### Action item
Scan the entries below. List each line with "Bool".

### Entries provided
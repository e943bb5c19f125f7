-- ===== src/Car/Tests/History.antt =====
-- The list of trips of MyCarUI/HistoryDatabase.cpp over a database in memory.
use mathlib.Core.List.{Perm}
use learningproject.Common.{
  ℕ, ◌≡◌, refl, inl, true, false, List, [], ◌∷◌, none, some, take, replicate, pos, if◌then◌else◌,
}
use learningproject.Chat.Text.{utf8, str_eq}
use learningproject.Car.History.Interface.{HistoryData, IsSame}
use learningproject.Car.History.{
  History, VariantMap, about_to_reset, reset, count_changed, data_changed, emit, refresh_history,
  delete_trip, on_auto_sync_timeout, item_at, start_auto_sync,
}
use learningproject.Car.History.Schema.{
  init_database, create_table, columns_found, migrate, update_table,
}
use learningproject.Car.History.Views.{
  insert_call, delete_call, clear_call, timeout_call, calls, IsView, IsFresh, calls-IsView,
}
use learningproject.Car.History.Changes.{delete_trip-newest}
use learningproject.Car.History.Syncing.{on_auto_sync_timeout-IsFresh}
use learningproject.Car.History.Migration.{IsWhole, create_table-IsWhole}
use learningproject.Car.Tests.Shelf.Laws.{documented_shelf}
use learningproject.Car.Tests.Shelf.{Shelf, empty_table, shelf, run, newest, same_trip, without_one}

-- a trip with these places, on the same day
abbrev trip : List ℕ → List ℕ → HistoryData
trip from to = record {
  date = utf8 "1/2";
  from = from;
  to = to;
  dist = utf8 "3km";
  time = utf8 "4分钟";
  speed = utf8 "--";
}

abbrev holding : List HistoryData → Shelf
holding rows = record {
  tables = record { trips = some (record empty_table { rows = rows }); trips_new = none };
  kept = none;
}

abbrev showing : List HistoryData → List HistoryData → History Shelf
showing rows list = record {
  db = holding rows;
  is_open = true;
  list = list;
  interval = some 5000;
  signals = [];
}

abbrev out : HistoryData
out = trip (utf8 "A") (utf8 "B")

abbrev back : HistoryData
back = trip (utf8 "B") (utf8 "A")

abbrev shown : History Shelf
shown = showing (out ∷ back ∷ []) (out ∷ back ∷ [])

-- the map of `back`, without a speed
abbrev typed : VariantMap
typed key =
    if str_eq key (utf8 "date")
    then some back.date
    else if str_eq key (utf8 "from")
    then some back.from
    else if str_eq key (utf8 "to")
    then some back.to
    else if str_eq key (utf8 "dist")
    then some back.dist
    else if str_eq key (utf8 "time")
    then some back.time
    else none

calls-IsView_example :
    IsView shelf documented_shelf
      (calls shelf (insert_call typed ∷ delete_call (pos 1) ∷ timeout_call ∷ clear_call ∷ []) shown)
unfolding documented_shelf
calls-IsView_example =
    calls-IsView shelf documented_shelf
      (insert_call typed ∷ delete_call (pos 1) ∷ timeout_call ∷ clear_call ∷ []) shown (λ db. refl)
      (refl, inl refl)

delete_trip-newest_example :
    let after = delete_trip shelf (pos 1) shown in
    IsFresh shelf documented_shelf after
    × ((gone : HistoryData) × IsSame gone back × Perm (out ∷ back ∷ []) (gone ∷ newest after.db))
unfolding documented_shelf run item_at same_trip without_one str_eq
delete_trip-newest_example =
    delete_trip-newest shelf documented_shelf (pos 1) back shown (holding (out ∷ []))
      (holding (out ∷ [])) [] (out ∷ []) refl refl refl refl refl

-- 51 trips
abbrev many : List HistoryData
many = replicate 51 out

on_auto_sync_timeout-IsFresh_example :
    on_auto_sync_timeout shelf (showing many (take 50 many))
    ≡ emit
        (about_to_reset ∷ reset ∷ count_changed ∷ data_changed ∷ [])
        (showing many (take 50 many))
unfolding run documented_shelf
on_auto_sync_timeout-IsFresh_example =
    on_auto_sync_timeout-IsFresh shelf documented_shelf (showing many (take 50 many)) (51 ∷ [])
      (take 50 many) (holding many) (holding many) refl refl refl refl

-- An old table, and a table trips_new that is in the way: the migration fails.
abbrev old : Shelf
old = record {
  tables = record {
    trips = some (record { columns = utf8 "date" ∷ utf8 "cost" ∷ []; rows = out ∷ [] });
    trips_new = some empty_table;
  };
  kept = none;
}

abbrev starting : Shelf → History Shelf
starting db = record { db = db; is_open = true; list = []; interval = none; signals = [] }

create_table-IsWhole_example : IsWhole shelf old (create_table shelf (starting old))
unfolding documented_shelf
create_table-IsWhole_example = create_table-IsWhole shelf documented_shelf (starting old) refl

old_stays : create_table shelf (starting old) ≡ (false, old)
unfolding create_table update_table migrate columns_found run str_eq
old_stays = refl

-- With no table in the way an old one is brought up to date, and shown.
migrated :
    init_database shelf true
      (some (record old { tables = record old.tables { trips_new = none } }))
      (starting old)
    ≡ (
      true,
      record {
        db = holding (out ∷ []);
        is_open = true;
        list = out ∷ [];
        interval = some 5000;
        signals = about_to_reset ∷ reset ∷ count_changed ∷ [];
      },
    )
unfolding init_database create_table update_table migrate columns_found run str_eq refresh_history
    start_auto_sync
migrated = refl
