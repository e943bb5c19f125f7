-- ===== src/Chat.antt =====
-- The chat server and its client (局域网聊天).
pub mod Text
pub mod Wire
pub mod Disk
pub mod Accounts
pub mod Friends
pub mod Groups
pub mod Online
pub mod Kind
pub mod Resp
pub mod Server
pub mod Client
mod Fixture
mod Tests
---
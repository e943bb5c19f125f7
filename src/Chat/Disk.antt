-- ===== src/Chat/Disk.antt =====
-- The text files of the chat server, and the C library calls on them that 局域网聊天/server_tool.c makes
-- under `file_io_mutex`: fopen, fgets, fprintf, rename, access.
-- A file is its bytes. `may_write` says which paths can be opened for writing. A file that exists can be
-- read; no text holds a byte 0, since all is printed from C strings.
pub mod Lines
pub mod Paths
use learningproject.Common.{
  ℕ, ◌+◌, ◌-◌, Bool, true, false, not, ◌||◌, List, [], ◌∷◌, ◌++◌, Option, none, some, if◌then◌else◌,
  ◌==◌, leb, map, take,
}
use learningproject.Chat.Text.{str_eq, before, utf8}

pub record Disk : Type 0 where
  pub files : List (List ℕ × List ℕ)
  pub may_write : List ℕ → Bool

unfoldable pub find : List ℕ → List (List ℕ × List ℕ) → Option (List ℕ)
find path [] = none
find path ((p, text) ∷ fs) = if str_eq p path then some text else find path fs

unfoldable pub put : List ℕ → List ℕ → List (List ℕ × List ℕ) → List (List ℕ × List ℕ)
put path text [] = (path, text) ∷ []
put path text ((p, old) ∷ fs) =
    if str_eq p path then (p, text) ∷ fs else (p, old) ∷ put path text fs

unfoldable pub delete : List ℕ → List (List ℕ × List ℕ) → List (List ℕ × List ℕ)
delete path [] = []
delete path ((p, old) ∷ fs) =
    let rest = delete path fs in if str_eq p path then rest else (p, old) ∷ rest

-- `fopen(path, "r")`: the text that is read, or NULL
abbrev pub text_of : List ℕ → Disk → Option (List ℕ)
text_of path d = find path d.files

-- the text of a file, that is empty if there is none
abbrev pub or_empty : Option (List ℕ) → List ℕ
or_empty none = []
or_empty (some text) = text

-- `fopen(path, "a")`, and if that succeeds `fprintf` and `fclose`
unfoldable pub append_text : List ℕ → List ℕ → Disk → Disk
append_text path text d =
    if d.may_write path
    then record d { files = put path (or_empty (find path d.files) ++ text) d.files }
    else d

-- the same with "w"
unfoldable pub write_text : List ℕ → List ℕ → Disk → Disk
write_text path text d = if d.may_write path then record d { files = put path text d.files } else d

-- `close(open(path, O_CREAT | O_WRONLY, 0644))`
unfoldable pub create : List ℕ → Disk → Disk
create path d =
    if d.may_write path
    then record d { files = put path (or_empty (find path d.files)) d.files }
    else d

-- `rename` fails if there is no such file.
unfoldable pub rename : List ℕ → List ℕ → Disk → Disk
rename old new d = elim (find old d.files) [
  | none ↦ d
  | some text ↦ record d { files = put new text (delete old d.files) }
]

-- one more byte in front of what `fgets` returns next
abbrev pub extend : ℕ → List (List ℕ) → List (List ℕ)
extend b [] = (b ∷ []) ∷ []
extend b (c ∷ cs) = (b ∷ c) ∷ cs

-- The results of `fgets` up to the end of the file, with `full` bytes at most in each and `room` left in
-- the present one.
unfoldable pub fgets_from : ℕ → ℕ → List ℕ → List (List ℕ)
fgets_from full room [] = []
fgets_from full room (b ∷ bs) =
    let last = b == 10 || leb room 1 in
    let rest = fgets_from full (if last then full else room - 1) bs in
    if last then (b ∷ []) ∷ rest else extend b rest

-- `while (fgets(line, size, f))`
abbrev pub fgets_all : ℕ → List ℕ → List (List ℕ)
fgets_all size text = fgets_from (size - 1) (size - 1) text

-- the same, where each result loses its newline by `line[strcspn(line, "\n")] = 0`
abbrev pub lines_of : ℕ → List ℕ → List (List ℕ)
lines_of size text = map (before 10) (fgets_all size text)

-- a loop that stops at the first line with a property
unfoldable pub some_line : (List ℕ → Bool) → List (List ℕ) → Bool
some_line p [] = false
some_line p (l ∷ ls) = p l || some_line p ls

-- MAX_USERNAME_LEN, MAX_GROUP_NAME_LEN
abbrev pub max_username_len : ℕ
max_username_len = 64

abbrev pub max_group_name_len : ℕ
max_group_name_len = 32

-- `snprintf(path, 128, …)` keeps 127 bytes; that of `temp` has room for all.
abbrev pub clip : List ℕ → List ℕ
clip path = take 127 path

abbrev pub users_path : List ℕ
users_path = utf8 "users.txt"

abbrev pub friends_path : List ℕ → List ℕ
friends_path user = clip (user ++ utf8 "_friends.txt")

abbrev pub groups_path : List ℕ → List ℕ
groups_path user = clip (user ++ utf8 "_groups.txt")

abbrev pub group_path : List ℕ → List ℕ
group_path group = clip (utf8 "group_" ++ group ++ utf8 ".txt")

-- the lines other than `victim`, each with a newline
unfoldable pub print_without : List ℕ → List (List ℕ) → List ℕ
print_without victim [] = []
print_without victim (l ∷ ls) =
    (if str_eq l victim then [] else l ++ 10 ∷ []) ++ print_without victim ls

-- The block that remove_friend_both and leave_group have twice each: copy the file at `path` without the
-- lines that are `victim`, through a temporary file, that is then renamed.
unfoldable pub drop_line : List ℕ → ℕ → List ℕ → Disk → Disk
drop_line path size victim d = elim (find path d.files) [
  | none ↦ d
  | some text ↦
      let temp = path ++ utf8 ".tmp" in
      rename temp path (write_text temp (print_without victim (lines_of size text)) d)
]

### Answer for the task
  ℕ, ◌+◌, ◌-◌, Bool, true, false, not, ◌||◌, List, [], ◌∷◌, ◌++◌, Option, none, some, if◌then◌else◌,
  pub may_write : List ℕ → Bool
unfoldable pub some_line : (List ℕ → Bool) → List (List ℕ) → Bool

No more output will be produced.